Book Synopsis Forged in Freedom by : Norman H. Finkelstein
Download or read book Forged in Freedom written by Norman H. Finkelstein and published by Jewish Publication Society. This book was released on 2002 with total page 228 pages. Available in PDF, EPUB and Kindle. Book excerpt: A history in words and photographs of the growth of the Jewish community in the United States and its contributions to American culture, politics, and economics in the twentieth century.

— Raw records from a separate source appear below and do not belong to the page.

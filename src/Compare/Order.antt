-- ===== src/Compare/Order.antt =====
-- The order and the identity of the findings of src/compare/engine.cpp.
use mediadiff.Base.{
  Accepts, Accepts-all, Accepts-bind, Accepts-if, Bool, Bool-cases, List, Option, Option-cases,
  Returns, Text, [], ap, false, if◌then◌else◌, inl, inr, is_empty, map, none, not, ok, refl, some,
  subst, sym, true, ◌>>=◌, ◌||◌, ◌∙◌, ◌∷◌, ◌≡◌,
}
use mediadiff.Compare.{Comparator, IsComparator}
use mediadiff.Compare.Engine.{
  KeyMap, PairKey, all_keys, find_key, index_from, insert_pair, key_for, key_lt,
}
use mediadiff.Compare.Family.{resolve_family}
use mediadiff.Compare.Findings.{
  demoted_finding, is_program, mismatch_finding, observed_mismatch, pair_evidence, skipped_finding,
  topology_finding, unpaired, with_evidence,
}
use mediadiff.Compare.Keys.{key_lt-total}
use mediadiff.Compare.Pairs.{
  compare_check, compare_fingerprints, compare_key, compare_keys, compare_paired, compare_sides,
  compare_values, complete_policy, is_demoted,
}
use mediadiff.Core.Model.{Finding, Fingerprint, Measurement, Scope, Vendor, is_not_skipped}
use mediadiff.Core.Policy.{Policy}
use mediadiff.Core.Registry.{CheckDef, CheckRegistry, Semantic, ValueKind, at}
use mathlib.Core.Option.{some-injective}

-- A finding for the key's check and scope.
abbrev pub IsReport : {Json : Type 0} → CheckRegistry → PairKey → Finding Json → Type 0
IsReport registry key f =
    (check : CheckDef) × (at registry key.check_index ≡ some check)
    × (f.id ≡ check.id)
    × (f.scope ≡ record { kind = key.scope_kind; index = key.scope_index })

-- The findings are for some of the keys, in the order of the keys and one for each.
pub data Reports {Json : Type 0} (registry : CheckRegistry)
    : List PairKey → List (Finding Json) → Type 0 where
  no_keys : Reports registry [] []
  passed_over :
      {k : PairKey} {ks : List PairKey} {fs : List (Finding Json)}
      → Reports registry ks fs
      → Reports registry (k ∷ ks) fs
  reported :
      {k : PairKey} {ks : List PairKey} {f : Finding Json} {fs : List (Finding Json)}
      → IsReport registry k f
      → Reports registry ks fs
      → Reports registry (k ∷ ks) (f ∷ fs)

module _ {Json : Type 0} where
  abbrev AreIndexed : KeyMap Json → Type 0
  AreIndexed [] = Unit
  AreIndexed ((k, m) ∷ rest) = (key_for m ≡ k) × AreIndexed rest

  insert_pair-AreIndexed :
      (m : Measurement Json) (map : KeyMap Json)
      → AreIndexed map
      → AreIndexed (insert_pair (key_for m) m map)
  unfolding insert_pair
  insert_pair-AreIndexed m [] h = (refl, tt)
  insert_pair-AreIndexed m ((o, n) ∷ rest) h = elim (Bool-cases (key_lt o (key_for m))) [
    | inl b ↦ rw b (h.0, insert_pair-AreIndexed m rest h.1)
    | inr nb ↦ elim (Bool-cases (key_lt (key_for m) o)) [
      | inl c ↦ rw (nb, c) (refl, h)
      | inr nc ↦ rw (nb, nc) (key_lt-total (key_for m) o nc nb, h.1)
    ]
  ]

  index_from-AreIndexed :
      (map : KeyMap Json) (measurements : List (Measurement Json))
      → AreIndexed map
      → AreIndexed (index_from map measurements)
  unfolding index_from
  index_from-AreIndexed map [] h = h
  index_from-AreIndexed map (m ∷ rest) h =
      index_from-AreIndexed (insert_pair (key_for m) m map) rest (insert_pair-AreIndexed m map h)

  find_key-key :
      (k : PairKey) (map : KeyMap Json) (m : Measurement Json)
      → AreIndexed map
      → find_key k map ≡ some m
      → key_for m ≡ k
  unfolding find_key
  find_key-key k [] m h e = cc
  find_key-key k ((o, n) ∷ rest) m h e =
      at_head (key_lt o k) (key_lt k o) refl refl e (find_key-key k rest m h.1)
    where
      at_head :
          (x y : Bool)
          → key_lt o k ≡ x
          → key_lt k o ≡ y
          → (if x || y then find_key k rest else some n) ≡ some m
          → (find_key k rest ≡ some m → key_for m ≡ k)
          → key_for m ≡ k
      at_head true y p q e later = later e
      at_head false true p q e later = later e
      at_head false false p q e later =
          ap key_for (sym (some-injective _ _ e)) ∙ h.0 ∙ key_lt-total o k p q

module _ (V : Vendor) (comparator_for : Semantic → Comparator V.Json)
    (comparators : (semantic : Semantic) → IsComparator (comparator_for semantic)) where
  abbrev IsOf : CheckDef → Scope → Finding V.Json → Type 0
  IsOf check scope f = (f.id ≡ check.id) × (f.scope ≡ scope)

  with_evidence-IsOf :
      (check : CheckDef) (scope : Scope) (evidence : List (Text × V.Json)) (f : Finding V.Json)
      → IsOf check scope f
      → IsOf check scope (with_evidence V evidence f)
  unfolding with_evidence
  with_evidence-IsOf check scope evidence f h = elim (Bool-cases (is_empty evidence)) [
    | inl e ↦ rw e h
    | inr n ↦ elim (Bool-cases (V.is_object f.evidence)) [
      | inl o ↦ rw (n, o) h
      | inr x ↦ rw (n, x) h
    ]
  ]

  compare_values-IsOf :
      (check : CheckDef) (policy : Policy) (b c : Measurement V.Json)
      → Accepts (IsOf check c.scope) (compare_values V comparator_for check policy b c)
  unfolding compare_values
  compare_values-IsOf check policy b c =
      Accepts-bind (IsOf check c.scope) (IsOf check c.scope)
        (comparator_for check.semantic check b c policy)
        (λ f. ok (with_evidence V (pair_evidence V b c) f))
        (comparators check.semantic check b c policy)
        (λ f. with_evidence-IsOf check c.scope (pair_evidence V b c) f)

  compare_paired-IsOf :
      (check : CheckDef) (policy : Policy) (key : PairKey) (b c : Measurement V.Json)
      → Accepts (IsOf check c.scope) (compare_paired V comparator_for check policy key b c)
  unfolding compare_paired skipped_finding mismatch_finding
  compare_paired-IsOf check policy key b c =
      Accepts-if (IsOf check c.scope)
        (not (is_not_skipped b.skip_reason) || not (is_not_skipped c.skip_reason)) _ _
        (λ _. (refl, refl)) (λ _. by_kind (observed_mismatch V check b c))
    where
      by_kind :
          (o : Option ValueKind)
          → Accepts (IsOf check c.scope) (elim o [
            | some observed ↦ ok (mismatch_finding V check policy key b c observed)
            | none ↦ compare_values V comparator_for check policy b c
          ])
      by_kind none = compare_values-IsOf check policy b c
      by_kind (some observed) = (refl, refl)

  -- What a pair gives, if it gives anything.
  abbrev IsReportOr : CheckRegistry → PairKey → Option (Finding V.Json) → Type 0
  IsReportOr registry key none = Unit
  IsReportOr registry key (some f) = IsReport registry key f

  key_scope :
      (c : Measurement V.Json) (key : PairKey)
      → key_for c ≡ key
      → c.scope ≡ record { kind = key.scope_kind; index = key.scope_index }
  key_scope c key e = ap (λ (k : PairKey). record { kind = k.scope_kind; index = k.scope_index }) e

  unpaired-IsReport :
      (registry : CheckRegistry) (check : CheckDef) (key : PairKey)
      (b c : Option (Measurement V.Json))
      → at registry key.check_index ≡ some check
      → Accepts (IsReportOr registry key) (unpaired V check key b c)
  unfolding topology_finding
  unpaired-IsReport registry check key b c e =
      Accepts-if (IsReportOr registry key) (is_program key.scope_kind) _ _
        (λ _. (check, e, refl, refl)) (λ _. tt)

  compare_sides-IsReport :
      (registry : CheckRegistry) (policy : Policy) (check : CheckDef) (key : PairKey)
      (b c : Option (Measurement V.Json))
      → at registry key.check_index ≡ some check
      → Returns (λ m. key_for m ≡ key) c
      → Accepts (IsReportOr registry key) (compare_sides V comparator_for check policy key b c)
  unfolding compare_sides
  compare_sides-IsReport registry policy check key (some b) (some c) e h =
      Accepts-bind (IsOf check c.scope) (IsReportOr registry key)
        (compare_paired V comparator_for check policy key b c) (λ f. ok (some f))
        (compare_paired-IsOf check policy key b c) (λ f g. (check, e, g.0, g.1 ∙ key_scope c key h))
  compare_sides-IsReport registry policy check key (some b) none e h =
      unpaired-IsReport registry check key (some b) none e
  compare_sides-IsReport registry policy check key none c e h =
      unpaired-IsReport registry check key none c e

  find_key-Returns :
      (k : PairKey) (map : KeyMap V.Json)
      → AreIndexed map
      → Returns (λ m. key_for m ≡ k) (find_key k map)
  find_key-Returns k map h = elim (Option-cases (find_key k map)) [
    | inl e ↦ subst (Returns (λ m. key_for m ≡ k)) (sym e) tt
    | inr (m, e) ↦ subst (Returns (λ m. key_for m ≡ k)) (sym e) (find_key-key k map m h e)
  ]

  compare_check-IsReport :
      (registry : CheckRegistry) (policy : Policy) (bf cf : Text) (bs cs : KeyMap V.Json)
      (key : PairKey) (o : Option CheckDef)
      → AreIndexed cs
      → at registry key.check_index ≡ o
      → Accepts (IsReportOr registry key) (compare_check V comparator_for policy bf cf bs cs key o)
  unfolding compare_check demoted_finding
  compare_check-IsReport registry policy bf cf bs cs key none h e = tt
  compare_check-IsReport registry policy bf cf bs cs key (some check) h e =
      Accepts-if (IsReportOr registry key) (is_demoted bf cf check) _ _
        (λ _. (check, e, refl, refl))
        (λ _.
          compare_sides-IsReport registry policy check key (find_key key bs) (find_key key cs) e
            (find_key-Returns key cs h))

  compare_keys-Reports :
      (registry : CheckRegistry) (policy : Policy) (bf cf : Text) (bs cs : KeyMap V.Json)
      (ks : List PairKey)
      → AreIndexed cs
      → Accepts (Reports registry ks) (compare_keys V comparator_for registry policy bf cf bs cs ks)
  unfolding compare_keys compare_key
  compare_keys-Reports registry policy bf cf bs cs [] h = no_keys
  compare_keys-Reports registry policy bf cf bs cs (k ∷ ks) h =
      Accepts-bind (IsReportOr registry k) (Reports registry (k ∷ ks))
        (compare_check V comparator_for policy bf cf bs cs k (at registry k.check_index))
        (λ o.
          compare_keys V comparator_for registry policy bf cf bs cs ks
          >>= (λ fs. ok (elim o [ none ↦ fs | some f ↦ f ∷ fs ])))
        (compare_check-IsReport registry policy bf cf bs cs k (at registry k.check_index) h refl)
        (λ o r.
          Accepts-bind (Reports registry ks) (Reports registry (k ∷ ks))
            (compare_keys V comparator_for registry policy bf cf bs cs ks)
            (λ fs. ok (elim o [ none ↦ fs | some f ↦ f ∷ fs ]))
            (compare_keys-Reports registry policy bf cf bs cs ks h) (λ fs s. add_report o r fs s))
    where
      add_report :
          (o : Option (Finding V.Json))
          → IsReportOr registry k o
          → (fs : List (Finding V.Json)) → Reports registry ks fs
          → Reports registry (k ∷ ks) (elim o [ none ↦ fs | some f ↦ f ∷ fs ])
      add_report none r fs s = passed_over s
      add_report (some f) r fs s = reported r s

  -- Where each comparator's finding carries its check's id and the candidate's scope, the findings
  -- of a comparison stand in the order of the keys of the two sides, at most one for each key, and
  -- each has the id of the key's registered check and the key's scope.
  pub compare_fingerprints-Reports :
      (baseline candidate : Fingerprint V.Json) (policy : Policy) (registry : CheckRegistry)
      → Accepts
          (Reports registry
            (all_keys (index_from [] baseline.measurements) (index_from [] candidate.measurements)))
          (compare_fingerprints V comparator_for baseline candidate policy registry)
  unfolding compare_fingerprints
  compare_fingerprints-Reports baseline candidate policy registry =
      let bs = index_from [] baseline.measurements in
      let cs = index_from [] candidate.measurements in
      Accepts-bind (λ p. Unit) (Reports registry (all_keys bs cs)) (complete_policy registry policy)
        (λ p.
          compare_keys V comparator_for registry p (resolve_family baseline registry)
            (resolve_family candidate registry) bs cs (all_keys bs cs))
        (Accepts-all (complete_policy registry policy))
        (λ p _.
          compare_keys-Reports registry p (resolve_family baseline registry)
            (resolve_family candidate registry) bs cs (all_keys bs cs)
            (index_from-AreIndexed [] candidate.measurements tt))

Download or read book Natan Sharansky written by Blake Hoena and published by Kar-Ben Publishing ®. This book was released on 2021-05-01 with total page 64 pages. Available in PDF, EPUB and Kindle. Book excerpt: This graphic novel biography is the story of Soviet Jewry “refusenik” and human rights activist Anatoly “Natan” Sharansky. Born in 1948 to a Jewish family in Ukraine, at that time part of the Soviet Union, he was arrested as a young man and later imprisoned for wanting to leave the Soviet Union and go to Israel. His struggle became the struggle of all Soviet Jews who wished to leave. With the help of his wife, many Jewish activists, and world leaders, he eventually succeeded in immigrating to Israel, paving the way for the release of other Soviet Jews who wished to live in freedom.
Book Synopsis Jewish Heroes & Heroines of America by : Seymour Brody
Download or read book Jewish Heroes & Heroines of America written by Seymour Brody and published by Frederick Fell Publishers. This book was released on 2003 with total page 322 pages. Available in PDF, EPUB and Kindle. Book excerpt: Celebrates the contributions of Jewish heroes and heroines throughout the nation's history. Spanning the pre-revolutionary years to the present, this essential book documents the lives of 151 men and women who have contributed to all areas of life--the arts,sciences,sports,entertainment,business,and politics. JEWISH HEROES AND HEROINES OF AMERICA details where each individual has worked, the awards he or she has won, and the accomplishments that have brought fame and the respect of other Jews and non-Jews in America.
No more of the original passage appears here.